Änderungen im Impfkalender für Kinder in den USA: Chileanischer Experte warnt vor globalen Konsequenzen

El Ciudadano

Originalbeitrag: Cambios en el calendario de vacunación infantil en EEUU: Experto de la U. de Chile advierte por consecuencias globales


Impfstoffe sind eines der größten Errungenschaften der modernen Medizin: Sie retten Jahr für Jahr zahlreiche Leben und haben die globale Gesundheit durch die Kontrolle einst tödlicher Krankheiten transformiert. Zudem trainieren sie das Immunsystem auf sichere Weise.

Aus diesem Grund hat die Entscheidung der Trump-Regierung in den USA, den Impfkalender für Kinder zu ändern, Besorgnis über mögliche Konsequenzen im In- und Ausland ausgelöst.

Die neue Politik von Trump reduziert die Anzahl der Krankheiten, die in den Impfempfehlungen für alle Kinder enthalten sind, von 18 auf 11 und gibt den Familien mehr Entscheidungsfreiheit.

Diese Maßnahme sieht auch vor, den Kombinationsimpfstoff gegen Masern, Mumps und Röteln — bekannt als MMR — in drei separate Impfungen aufzuteilen, sobald monovalente Impfstoffe in den USA verfügbar sind.

Obwohl diese Krankheiten weiterhin in den allgemeinen Empfehlungen aufgeführt sind, warnen Fachleute, dass eine Fragmentierung des Impfplans dessen Einhaltung erschweren könnte.

In diesem Zusammenhang erklärt Dr. Jorge Ramírez Flores, Akademiker des Global Health-Programms an der Medizinischen Fakultät der U. de Chile, dass die Folgen dieser Entscheidungen die Grenzen der USA überschreiten könnten.
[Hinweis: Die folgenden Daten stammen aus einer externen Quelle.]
-- ===== src/Replay/Cut.antt =====
-- internal/replay/raw_tick_spool.go: a spool whose last payload is missing.
use nevr_anticheat.Prelude.{ℕ, ◌≤◌, ◌<◌, ◌≡◌, sym, ap, ◌∙◌, List, [], ◌++◌, length, arith}
use nevr_anticheat.Replay.Spool.{
  RawByFrame, header, read_full, full, max_int, default_max_line_bytes, next, next_header,
  next_payload, Records, records, read_from, read_all,
}
use nevr_anticheat.Replay.Header.{length-header, read_full-append, index-header, size-header}
use nevr_anticheat.Replay.RoundTrip.{
  AllWritable, all_entries, write_all, write_all-encoded, read_all-append,
}
use mathlib.Core.List.{append-nil}

header_ends :
    (idx : ℕ) (raw : List ℕ)
    → idx ≤ max_int
    → 0 < length raw
    → length raw ≤ default_max_line_bytes
    → (further : List ℕ → Records) → read_from (next (header idx raw)) further ≡ records []
unfolding read_from next next_header next_payload read_full
header_ends idx raw hi hp hs further =
    rw (whole) (ground (arith, index-header idx raw hi, size-header idx raw hs))
  where
    whole : read_full 16 (header idx raw) ≡ full (header idx raw) []
    whole =
        ap (read_full 16) (sym (append-nil (header idx raw)))
        ∙ read_full-append 16 (header idx raw) [] (length-header idx raw)

-- A spool that breaks off right after the header of a record, whose index and length are within their
-- limits and whose payload is not empty, is read as if it had ended before that record: the records
-- before it come back and no error is reported.
pub read_all_cut :
    (ms : List RawByFrame) (idx : ℕ) (raw : List ℕ)
    → AllWritable ms
    → idx ≤ max_int
    → 0 < length raw
    → length raw ≤ default_max_line_bytes
    → read_all (write_all [] ms ++ header idx raw) ≡ records (all_entries ms)
read_all_cut ms idx raw h hi hp hs =
    let (same, readable) = write_all-encoded ms [] h tt in
    ap (λ file. read_all (file ++ header idx raw)) same
    ∙ read_all-append (all_entries ms) (header idx raw) readable (header_ends idx raw hi hp hs)
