-- ===== src/Examples/Replay.antt =====
-- The spool's theorems at two writes of small payloads.
use nevr_anticheat.Prelude.{ℕ, refl, ◌≡◌, List, [], ◌∷◌, ◌++◌, arith}
use nevr_anticheat.Prelude.Int.{pos}
use nevr_anticheat.Replay.Spool.{
  RawByFrame, raw_at, sort_ints, put_in_order, header, records, read_all,
}
use nevr_anticheat.Replay.RoundTrip.{AllWritable, all_entries, write_all}
use nevr_anticheat.Replay.Listing.{AllMaps, AreListings, read_all-listing}
use nevr_anticheat.Replay.Cut.{read_all_cut}

abbrev two_writes : List RawByFrame
two_writes =
    ((pos 7, 123 ∷ 125 ∷ []) ∷ (pos 3, []) ∷ (pos 5, 91 ∷ []) ∷ [])
    ∷ ((pos 300, 0 ∷ 255 ∷ 10 ∷ []) ∷ [])
    ∷ []

two_writes-AllWritable : AllWritable two_writes
unfolding raw_at sort_ints put_in_order
two_writes-AllWritable = omega arith

two_writes-AllMaps : AllMaps two_writes
two_writes-AllMaps = (((refl, (refl, tt)), ((refl, tt), (tt, tt))), ((tt, tt), tt))

read_all-listing_example :
    (rs : List (ℕ × List ℕ)) × (read_all (write_all [] two_writes) ≡ records rs)
    × AreListings two_writes rs
read_all-listing_example = read_all-listing two_writes two_writes-AllWritable two_writes-AllMaps

read_all_cut_example :
    read_all (write_all [] two_writes ++ header 301 (1 ∷ 2 ∷ [])) ≡ records (all_entries two_writes)
read_all_cut_example =
    read_all_cut two_writes 301 (1 ∷ 2 ∷ []) two_writes-AllWritable (omega arith) (omega arith)
      (omega arith)
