-- ===== src/Review/Cases.antt =====
-- internal/review/queue.go: which players of a match get a review case, and the stores of the cases.
-- A case is here what the evidence builder is given: the player, the score and the events.
pub mod Laws
use nevr_anticheat.Prelude.{
  ◌≡◌, ◌≢◌, refl, sym, ap, ◌∙◌, String, Bool, true, false, Option, none, some, List, [], ◌∷◌, ◌++◌,
  inl, inr, arith, Bool-cases, Option-cases, if◌then◌else◌,
}
use mathlib.Core.List.{Memᴰ}
use mathlib.Core.Path.{subst}
use text.Mathlib.TextEquality.{eq_iff}
use nevr_anticheat.Prelude.Dict.{text_eq, text_eq_sound, lookup, insert, lookup-insert}
use nevr_anticheat.Prelude.Float.{Float}
use nevr_anticheat.Model.Level.{
  LevelTable, ScoringLevel, level_for, at_least, is_zero, default_table,
}
use nevr_anticheat.Model.Event.{DetectionEvent}
use nevr_anticheat.Model.Score.{SuspicionScore}
use nevr_anticheat.Enforce.Action.{insert_text}
use nevr_anticheat.Enforce.Evidence.{player_events}

pub record MatchResult {ℓ} (W : Type ℓ) : Type ℓ where
  pub detection_events : List (DetectionEvent W)
  pub player_scores : List (String × SuspicionScore W)

pub record Candidate {ℓ} (W : Type ℓ) : Type ℓ where
  pub candidate_player : String
  pub candidate_score : SuspicionScore W
  pub candidate_events : List (DetectionEvent W)

-- The keys of a map, sorted.
unfoldable pub sorted_keys {ℓ} : {V : Type ℓ} → List (String × V) → List String
sorted_keys [] = []
sorted_keys ((k, v) ∷ rest) = insert_text k (sorted_keys rest)

module _ {ℓ} {W : Type ℓ} where
  abbrev pub or_empty : Option (List (DetectionEvent W)) → List (DetectionEvent W)
  or_empty none = []
  or_empty (some es) = es

  -- `byPlayer[pid]`
  unfoldable pub events_of :
      String → List (String × List (DetectionEvent W)) → List (DetectionEvent W)
  events_of player groups = or_empty (lookup player groups)

  -- The loop that fills byPlayer.
  unfoldable pub group :
      List (String × List (DetectionEvent W))
      → List (DetectionEvent W)
      → List (String × List (DetectionEvent W))
  group groups [] = groups
  group groups (e ∷ es) =
      let groups' = insert e.player_id (events_of e.player_id groups ++ e ∷ []) groups in
      group (if e.is_shadow then groups else groups') es

module _ {ℓ} {W : Type ℓ} ⦃f : Float W⦄ where
  -- The body of the loop over the players: the case, if there is one.
  unfoldable pub candidate_of :
      LevelTable W
      → ScoringLevel
      → String
      → List (DetectionEvent W)
      → Option (SuspicionScore W)
      → List (Candidate W)
  candidate_of table min player [] o = []
  candidate_of table min player (e ∷ es) none = []
  candidate_of table min player (e ∷ es) (some score) =
      if at_least (level_for table score.total_score) min
      then record { candidate_player = player; candidate_score = score; candidate_events = e ∷ es }
        ∷ []
      else []

  unfoldable pub candidates :
      LevelTable W
      → ScoringLevel
      → MatchResult W
      → List (String × List (DetectionEvent W))
      → List String
      → List (Candidate W)
  candidates table min result groups [] = []
  candidates table min result groups (player ∷ players) =
      candidate_of table min player (events_of player groups) (lookup player result.player_scores)
      ++ candidates table min result groups players

  -- BuildCasesFromResult of a result that is not nil.
  unfoldable pub build_cases : LevelTable W → ScoringLevel → MatchResult W → List (Candidate W)
  build_cases table min result =
      candidates (if is_zero table then default_table else table) min result
        (group [] result.detection_events) (sorted_keys result.player_scores)

module _ {ℓ} {W : Type ℓ} where
  -- The loop of CreateCasesFromResult: the cases that the store took.
  unfoldable pub create_cases : (Candidate W → Bool) → List (Candidate W) → List (Candidate W)
  create_cases stored [] = []
  create_cases stored (c ∷ cs) =
      let rest = create_cases stored cs in if stored c then c ∷ rest else rest
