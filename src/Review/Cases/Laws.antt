-- ===== src/Review/Cases/Laws.antt =====
-- internal/review/queue.go: a case is built on the player's own events that are not shadow.
use nevr_anticheat.Prelude.{
  ◌≡◌, ◌≢◌, ◌⊎◌, refl, sym, ap, ◌∙◌, String, Bool, true, false, not, ◌&&◌, Option, none, some, List,
  [], ◌∷◌, ◌++◌, inl, inr, Bool-cases, if◌then◌else◌,
}
use mathlib.Core.List.{Memᴰ}
use mathlib.Core.Path.{subst}
use nevr_anticheat.Prelude.Dict.{text_eq, text_eq_sound, lookup, insert, lookup-insert}
use nevr_anticheat.Prelude.Float.{Float}
use nevr_anticheat.Model.Level.{
  LevelTable, ScoringLevel, level_for, at_least, is_zero, default_table,
}
use nevr_anticheat.Model.Event.{DetectionEvent}
use nevr_anticheat.Model.Score.{SuspicionScore}
use nevr_anticheat.Enforce.Evidence.{player_events}
use nevr_anticheat.Review.Cases.{
  MatchResult, Candidate, events_of, group, candidate_of, candidates, build_cases,
}

module _ {ℓ} {W : Type ℓ} where
  append_assoc : (xs ys zs : List (DetectionEvent W)) → (xs ++ ys) ++ zs ≡ xs ++ (ys ++ zs)
  append_assoc [] ys zs = refl
  append_assoc (x ∷ xs) ys zs = ap (◌∷◌ x) (append_assoc xs ys zs)

  append-nil : (xs : List (DetectionEvent W)) → xs ++ [] ≡ xs
  append-nil [] = refl
  append-nil (x ∷ xs) = ap (◌∷◌ x) (append-nil xs)

  abbrev grouped :
      DetectionEvent W
      → List (String × List (DetectionEvent W))
      → List (String × List (DetectionEvent W))
  grouped e groups = insert e.player_id (events_of e.player_id groups ++ e ∷ []) groups

  group_step :
      (e : DetectionEvent W) (es : List (DetectionEvent W))
      (groups : List (String × List (DetectionEvent W))) (b : Bool)
      → e.is_shadow ≡ b
      → group groups (e ∷ es) ≡ group (if b then groups else grouped e groups) es
  unfolding group
  group_step e es groups b h = ap (λ c. group (if c then groups else grouped e groups) es) h

  player_events_step :
      (player : String) (e : DetectionEvent W) (es : List (DetectionEvent W)) (b : Bool)
      → e.is_shadow ≡ b
      → player_events player (e ∷ es) ≡ (
          if text_eq e.player_id player && not b
          then e ∷ player_events player es
          else player_events player es)
  unfolding player_events
  player_events_step player e es b h =
      ap
        (λ c.
          if text_eq e.player_id player && not c
          then e ∷ player_events player es
          else player_events player es)
        h

  events_of-grouped :
      (player : String) (e : DetectionEvent W) (groups : List (String × List (DetectionEvent W)))
      → events_of player (grouped e groups) ≡ (
          if text_eq e.player_id player
          then events_of player groups ++ e ∷ []
          else events_of player groups)
  unfolding events_of
  events_of-grouped player e groups =
      let found =
        lookup-insert e.player_id player (events_of e.player_id groups ++ e ∷ []) groups in
      elim (Bool-cases (text_eq e.player_id player)) [
        | inl own ↦
            rw (found, own)
              (ap (λ p. events_of p groups ++ e ∷ []) (text_eq_sound e.player_id player own))
        | inr other ↦ rw (found, other) refl
      ]

  events_of-group :
      (player : String) (es : List (DetectionEvent W))
      (groups : List (String × List (DetectionEvent W)))
      → events_of player (group groups es) ≡ events_of player groups ++ player_events player es
  unfolding group player_events
  events_of-group player [] groups = sym (append-nil _)
  events_of-group player (e ∷ es) groups = elim (Bool-cases e.is_shadow) [
    | inl s ↦
        rw (group_step e es groups true s, player_events_step player e es true s)
          (elim (Bool-cases (text_eq e.player_id player)) [
            | inl own ↦ rw own (events_of-group player es groups)
            | inr other ↦ rw other (events_of-group player es groups)
          ])
    | inr s ↦
        rw (group_step e es groups false s, player_events_step player e es false s)
          (events_of-group player es (grouped e groups)
            ∙ elim (Bool-cases (text_eq e.player_id player)) [
              | inl own ↦
                  rw (events_of-grouped player e groups, own)
                    (append_assoc (events_of player groups) (e ∷ []) (player_events player es))
              | inr other ↦ rw (events_of-grouped player e groups, other) refl
            ])
  ]

-- A case is for a player with a score of the level or more, on all own events that are not shadow, in
-- their order, of which there is at least one.
pub record IsGrounded {ℓ} {W : Type ℓ} ⦃f : Float W⦄ (table : LevelTable W) (min : ScoringLevel)
    (result : MatchResult W) (c : Candidate W) : Type ℓ where
  scored : lookup c.candidate_player result.player_scores ≡ some c.candidate_score
  high : at_least (level_for table c.candidate_score.total_score) min ≡ true
  own : c.candidate_events ≡ player_events c.candidate_player result.detection_events
  some_event : c.candidate_events ≢ []

member_append {ℓ} :
    {A : Type ℓ} (xs ys : List A) (c : A) → Memᴰ c (xs ++ ys) → Memᴰ c xs ⊎ Memᴰ c ys
member_append [] ys c m = inr m
member_append (x ∷ xs) ys c (Memᴰ.head p) = inl (Memᴰ.head p)
member_append (x ∷ xs) ys c (Memᴰ.tail m) = elim (member_append xs ys c m) [
  | inl l ↦ inl (Memᴰ.tail l)
  | inr r ↦ inr r
]

member_single {ℓ} : {A : Type ℓ} (x c : A) → Memᴰ c (x ∷ []) → c ≡ x
member_single x c (Memᴰ.head p) = p
member_single x c (Memᴰ.tail m) = elim m [ ]

cons-ne-nil {ℓ} : {A : Type ℓ} (x : A) (xs : List A) → x ∷ xs ≢ []
cons-ne-nil x xs e = cc

no_member {ℓ} : {A : Type ℓ} {c : A} → Memᴰ c [] → ⊥
no_member m = elim m [ ]

module _ {ℓ} {W : Type ℓ} ⦃f : Float W⦄ where
  candidate_of-IsGrounded :
      (table : LevelTable W) (min : ScoringLevel) (result : MatchResult W) (player : String)
      (es : List (DetectionEvent W)) (o : Option (SuspicionScore W)) (c : Candidate W)
      → lookup player result.player_scores ≡ o
      → es ≡ player_events player result.detection_events
      → Memᴰ c (candidate_of table min player es o)
      → IsGrounded table min result c
  unfolding candidate_of
  candidate_of-IsGrounded table min result player [] o c h k m = elim m [ ]
  candidate_of-IsGrounded table min result player (e ∷ es) none c h k m = elim m [ ]
  candidate_of-IsGrounded table min result player (e ∷ es) (some score) c h k m =
      elim (Bool-cases (at_least (level_for table score.total_score) min)) [
        | inl high ↦
            let whole : Candidate W = record {
              candidate_player = player;
              candidate_score = score;
              candidate_events = e ∷ es;
            } in
            let same = member_single whole c (rw high at m) in
            subst (IsGrounded table min result) (sym same)
              (record { scored = h; high = high; own = k; some_event = cons-ne-nil e es })
        | inr low ↦ absurd (no_member (rw low at m))
      ]

  candidates-IsGrounded :
      (table : LevelTable W) (min : ScoringLevel) (result : MatchResult W) (players : List String)
      (c : Candidate W)
      → Memᴰ c (candidates table min result (group [] result.detection_events) players)
      → IsGrounded table min result c
  unfolding candidates player_events events_of lookup
  candidates-IsGrounded table min result [] c m = absurd (no_member m)
  candidates-IsGrounded table min result (player ∷ players) c m = elim (member_append _ _ c m) [
    | inl here ↦
        candidate_of-IsGrounded table min result player _ _ c refl
          (events_of-group player result.detection_events []) here
    | inr later ↦ candidates-IsGrounded table min result players c later
  ]

  -- Every case built from a match result is for a player whose score is of the level or more in the
  -- table, the default one where the table is the zero table, and stands on exactly the player's own
  -- events that are not shadow, in their order, of which there is at least one.
  pub build_cases-IsGrounded :
      (table : LevelTable W) (min : ScoringLevel) (result : MatchResult W) (c : Candidate W)
      → Memᴰ c (build_cases table min result)
      → IsGrounded (if is_zero table then default_table else table) min result c
  unfolding build_cases
  build_cases-IsGrounded table min result c m = candidates-IsGrounded _ min result _ c m
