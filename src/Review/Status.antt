-- ===== src/Review/Status.antt =====
-- internal/model/review.go and internal/review/queue.go: case statuses, their transitions, and the
-- validation of a moderator's decision. A status or verdict outside the vocabulary is kept as read.
use nevr_anticheat.Prelude.{
  ℕ, String, Bool, true, false, Option, none, some, List, [], ◌∷◌, if◌then◌else◌,
}
use nevr_anticheat.Prelude.Dict.{text_eq}

pub data CaseStatus : Type 0 where
  pending assigned in_review decided appealed closed : CaseStatus
  other_status : String → CaseStatus

pub data Verdict : Type 0 where
  confirmed_cheat false_positive inconclusive needs_more_data : Verdict
  other_verdict : String → Verdict

pub data Correct : Type 0 where
  correct_yes correct_no uncertain : Correct
  other_correct : String → Correct

-- ValidTransition
unfoldable pub valid_transition : CaseStatus → CaseStatus → Bool
valid_transition pending assigned = true
valid_transition pending in_review = true
valid_transition pending decided = true
valid_transition pending closed = true
valid_transition assigned in_review = true
valid_transition assigned decided = true
valid_transition assigned pending = true
valid_transition assigned closed = true
valid_transition in_review decided = true
valid_transition in_review assigned = true
valid_transition in_review closed = true
valid_transition decided appealed = true
valid_transition decided closed = true
valid_transition appealed decided = true
valid_transition appealed closed = true
valid_transition _ _ = false

pub record DetectorVerdict : Type 0 where
  pub feedback_detector : String
  pub correct : Correct

pub record ModeratorDecision : Type 0 where
  pub decision_id : String
  pub decision_case : String
  pub moderator_id : String
  pub verdict : Verdict
  pub decided_at : ℕ
  pub feedback : List DetectorVerdict

pub data DecisionError : Type 0 where
  missing_case missing_moderator unknown_verdict missing_detector unknown_correct : DecisionError

abbrev known_verdict : Verdict → Bool
known_verdict (other_verdict s) = false
known_verdict _ = true

abbrev known_correct : Correct → Bool
known_correct (other_correct s) = false
known_correct _ = true

unfoldable pub validate_feedback : List DetectorVerdict → Option DecisionError
validate_feedback [] = none
validate_feedback (fb ∷ rest) =
    if text_eq fb.feedback_detector ""
    then some missing_detector
    else if known_correct fb.correct
    then validate_feedback rest
    else some unknown_correct

-- ModeratorDecision.Validate; `none` is the nil error.
unfoldable pub validate_decision : ModeratorDecision → Option DecisionError
unfolding validate_feedback
validate_decision d =
    if text_eq d.decision_case ""
    then some missing_case
    else if text_eq d.moderator_id ""
    then some missing_moderator
    else if known_verdict d.verdict
    then validate_feedback d.feedback
    else some unknown_verdict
„Der globale Gesundheitsansatz versucht zu verstehen, welche Ursachen hinter Problemen stehen, die die Grenzen der Länder überschreiten“, betonte der Akademiker und identifizierte drei Dimensionen, die aufzeigen, wie eine in den USA getroffene Politik Chile beeinflussen könnte.

Die erste Dimension betrifft die internationale Mobilität und die Geschwindigkeit, mit der übertragbare Krankheiten zwischen Ländern verbreitet werden können. „Die Menschen bewegen sich viel, viel schneller als früher“, sagt Ramírez.

Für den Spezialisten könnten diese Änderungen in den Strategien zur Bekämpfung von Infektionskrankheiten deren epidemiologisches Verhalten verändern. „Zum Beispiel könnte eine Verringerung der Impfraten zu einem Anstieg von Krankheiten führen, die vorher kontrolliert waren, oder zur Wiederkehr anderer, die unter bestimmten technischen Kriterien als überwunden galten“, warnte er.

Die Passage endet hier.